Kubernetes achieves what it does with the help of its resources. These resources are the building blocks for developing a scalable, reliable application.

Let's briefly explore these resources to understand what they are and how exactly they work together in Kubernetes:

• Node: Simple server, a physical/virtual machine.

• Pod: Smallest unit of Kubernetes, provides abstraction over a container. Creates a running env/layer on top of the container. Usually runs only one application container but can run multiple as well.

• Service: Static IP address for the pod. Remains the same even after the pod dies. Also doubles as a load-balancer for multiple pods:
  a) External services are used to make the app accessible through external sources.
  b) Internal services are used when accessibility is to be restricted.

• Ingress: Additional layer of security and address translation for services.

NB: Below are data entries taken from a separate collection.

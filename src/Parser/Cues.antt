-- ===== src/Parser/Cues.antt =====
-- The cues of internal/semantic/parser.go: intent, subcategory, resource and time window.
use permission_aware_search.Common.{
  ◌==◌, if◌then◌else◌, ℕ, String, Bool, true, false, not, ◌&&◌, ◌||◌, Option, none, some, List, [],
  ◌∷◌,
}
use permission_aware_search.Strings.{contains}
use permission_aware_search.Contracts.{
  intent_default, intent_wismo, intent_crm_profile, intent_returns_refunds, intent_unsupported,
}
use permission_aware_search.Parser.Patterns.{
  re_not_shipped, extract_customer_number, extract_phone, extract_email,
}
use permission_aware_search.Regex.{match_string}

-- `containsAny`
unfoldable pub contains_any : String → List String → Bool
unfolding contains
contains_any text [] = false
contains_any text (term ∷ terms) = contains text term || contains_any text terms

-- `hasPaymentFailedCue`
unfoldable pub has_payment_failed_cue : String → Bool
unfolding contains_any
has_payment_failed_cue lower = contains_any lower (
    "payment fail" ∷ "payment failed" ∷ "failed payment" ∷ "payment failure"
    ∷ "payment unsuccessful" ∷ "declined payment" ∷ "payment declined" ∷ [])

-- `hasPaymentPaidCue`
unfoldable pub has_payment_paid_cue : String → Bool
unfolding contains_any
has_payment_paid_cue lower =
    contains_any lower
      ("payment succeed" ∷ "payment captured" ∷ "payment successful" ∷ "payment paid" ∷ [])

-- `hasOpenStateCue`
unfoldable pub has_open_state_cue : String → Bool
unfolding contains_any
has_open_state_cue lower = contains_any lower (
    "open order" ∷ "open orders" ∷ "orders in open state" ∷ "order in open state"
    ∷ "orders open state" ∷ "order state open" ∷ "state is open" ∷ "state open"
    ∷ "still in processing" ∷ [])

-- `hasNotShippedCue`
unfoldable pub has_not_shipped_cue : String → Bool
unfolding match_string re_not_shipped
has_not_shipped_cue lower = match_string re_not_shipped lower

-- `hasExplicitPositiveShippedCue`
unfoldable pub has_explicit_positive_shipped_cue : String → Bool
unfolding contains_any has_not_shipped_cue
has_explicit_positive_shipped_cue lower =
    if contains_any lower
      (" but shipped" ∷ " and shipped" ∷ "already shipped" ∷ "is shipped" ∷ "are shipped" ∷ [])
    then true
    else if has_not_shipped_cue lower
    then false
    else contains_any lower ("shipped" ∷ "shipment shipped" ∷ [])

-- `isTemporalOrderListing`
unfoldable pub is_temporal_order_listing : String → Bool
unfolding contains_any
is_temporal_order_listing lower =
    if not (contains_any lower ("order" ∷ "orders" ∷ []))
    then false
    else contains_any lower (
        "this week" ∷ "for the week" ∷ "for week" ∷ "created this week" ∷ "this month"
        ∷ "for the month" ∷ "for month" ∷ "created this month" ∷ "last 30 days" ∷ "last 7 days"
        ∷ "created last" ∷ [])

-- `inferRelativeWindow`
unfoldable pub infer_relative_window : String → Option (ℕ × String)
unfolding contains_any
infer_relative_window lower =
    if contains_any lower
      ("this week" ∷ "for the week" ∷ "for week" ∷ "created this week" ∷ "last 7 days" ∷ [])
    then some (7, "week")
    else if contains_any lower
        ("this month" ∷ "for the month" ∷ "for month" ∷ "created this month" ∷ "last 30 days" ∷ [])
    then some (30, "month")
    else if contains_any lower ("last 14 days" ∷ [])
    then some (14, "14days")
    else none

-- `hasCRMIdentityCue`
unfoldable pub has_crm_identity_cue : String → Bool
unfolding contains_any extract_email extract_phone extract_customer_number
has_crm_identity_cue lower =
    if not (extract_email lower == "")
      || not (extract_phone lower == "")
      || not (extract_customer_number lower == "")
    then true
    else contains_any lower (
        "customer id" ∷ "customer number" ∷ "customer #" ∷ "vip" ∷ "segment" ∷ "profile"
        ∷ "account notes" ∷ "tickets" ∷ "support history" ∷ [])

abbrev pub unsupported_terms : List String
unsupported_terms =
    "calendar" ∷ "poster" ∷ "flyer" ∷ "brochure" ∷ "banner" ∷ "business cards" ∷ "material"
    ∷ "color" ∷ "style" ∷ "product catalog" ∷ []

abbrev pub returns_terms : List String
returns_terms =
    "return" ∷ "refund" ∷ "eligible" ∷ "rma" ∷ "pickup" ∷ "refund issued" ∷ "refund transactions"
    ∷ []

abbrev pub wismo_terms : List String
wismo_terms =
    "where is my order" ∷ "wismo" ∷ "tracking" ∷ "shipped" ∷ "package" ∷ "delay" ∷ "status of order"
    ∷ "timeline of events" ∷ "fulfillment" ∷ "courier" ∷ "shipment" ∷ "delivered" ∷ "processing"
    ∷ "payment succeed" ∷ "payment fail" ∷ "payment captured" ∷ "fraud" ∷ "chargebacks"
    ∷ "failed payment" ∷ "payment failure" ∷ "payment unsuccessful" ∷ "declined payment"
    ∷ "open state" ∷ "state open" ∷ "payment pending" ∷ "pending payment" ∷ "unpaid"
    ∷ "awaiting payment" ∷ "payment due" ∷ "investigation report" ∷ "trace order"
    ∷ "what went wrong" ∷ "open order" ∷ "open orders" ∷ []

abbrev pub crm_terms : List String
crm_terms =
    "last 3 orders" ∷ "recent orders" ∷ "orders for" ∷ "orders placed by" ∷ "order history"
    ∷ "order history for customer" ∷ "lifetime value" ∷ "segment" ∷ "vip" ∷ "profile" ∷ "history"
    ∷ "tickets" ∷ "account notes" ∷ "loyalty" ∷ "customer intelligence" ∷ "repeat buyer" ∷ "support"
    ∷ []

-- `classifyIntent`
unfoldable pub classify_intent : String → String
unfolding contains_any is_temporal_order_listing has_crm_identity_cue
classify_intent lower =
    if contains_any lower unsupported_terms
    then intent_unsupported
    else if contains_any lower returns_terms
    then intent_returns_refunds
    else if is_temporal_order_listing lower
    then intent_wismo
    else if contains_any lower wismo_terms
    then intent_wismo
    else if has_crm_identity_cue lower && contains_any lower crm_terms
    then intent_crm_profile
    else intent_default

-- `inferIntentSubcategory`
unfoldable pub infer_intent_subcategory : String → String → String
unfolding contains_any
infer_intent_subcategory lower intent_category =
    if not (intent_category == intent_wismo)
    then ""
    else if contains_any lower (
        "not shipped" ∷ "not yet shipped" ∷ "unshipped" ∷ "hasn't shipped" ∷ "has not shipped" ∷ [])
    then "shipping_tracking"
    else if contains_any lower
        ("tracking" ∷ "track" ∷ "where is my package" ∷ "where is my order" ∷ "shipment" ∷ [])
    then "shipping_tracking"
    else if contains_any lower
        ("delay" ∷ "delayed" ∷ "late" ∷ "eta" ∷ "backlog" ∷ "weather disruption" ∷ [])
    then "delivery_exception"
    else if contains_any lower ("carrier" ∷ "courier" ∷ "ups" ∷ "fedex" ∷ "dhl" ∷ "usps" ∷ [])
    then "carrier_issue"
    else if contains_any lower ("fulfillment" ∷ "warehouse" ∷ "processing" ∷ [])
    then "fulfillment_delay"
    else "shipping_tracking"

-- `inferResourceType`; both tests of the intent answer the same
unfoldable pub infer_resource_type : String → String → String → String
unfolding contains_any
infer_resource_type lower hint intent =
    if hint == "order" || hint == "customer"
    then hint
    else if contains_any lower (
        "order" ∷ "orders" ∷ "package" ∷ "tracking" ∷ "shipment" ∷ "refund" ∷ "return"
        ∷ "fulfillment" ∷ [])
    then "order"
    else if contains_any lower ("customer" ∷ "email" ∷ "phone" ∷ "vip" ∷ "profile" ∷ "account" ∷ [])
    then "customer"
    else if intent == intent_wismo || intent == intent_returns_refunds
    then "order"
    else "order"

All the requests first go to ingress then forwarded to the service.

• ConfigMap: External configuration of your app like urls of database or other services.

• Secret: To store secret/sensitive data like db-credentials, etc., encoded in base_64 format.

• Volumes: Kubernetes does not manage any data persistence on its own. Volumes are used to persist data generated by pods. It attaches a physical storage to the pod that can be both local or remote like cloud or on-premise servers.

• Deployment: Defines blueprint of the pods and its replication factor. A layer of abstraction over pods makes the configuration convenient.

• StatefulSet: Applications that are stateful are created using these to avoid data inconsistency. Same as deployment.

These are a few of the basic Kubernetes resources. If you want to explore the rest of these resources, you can click here.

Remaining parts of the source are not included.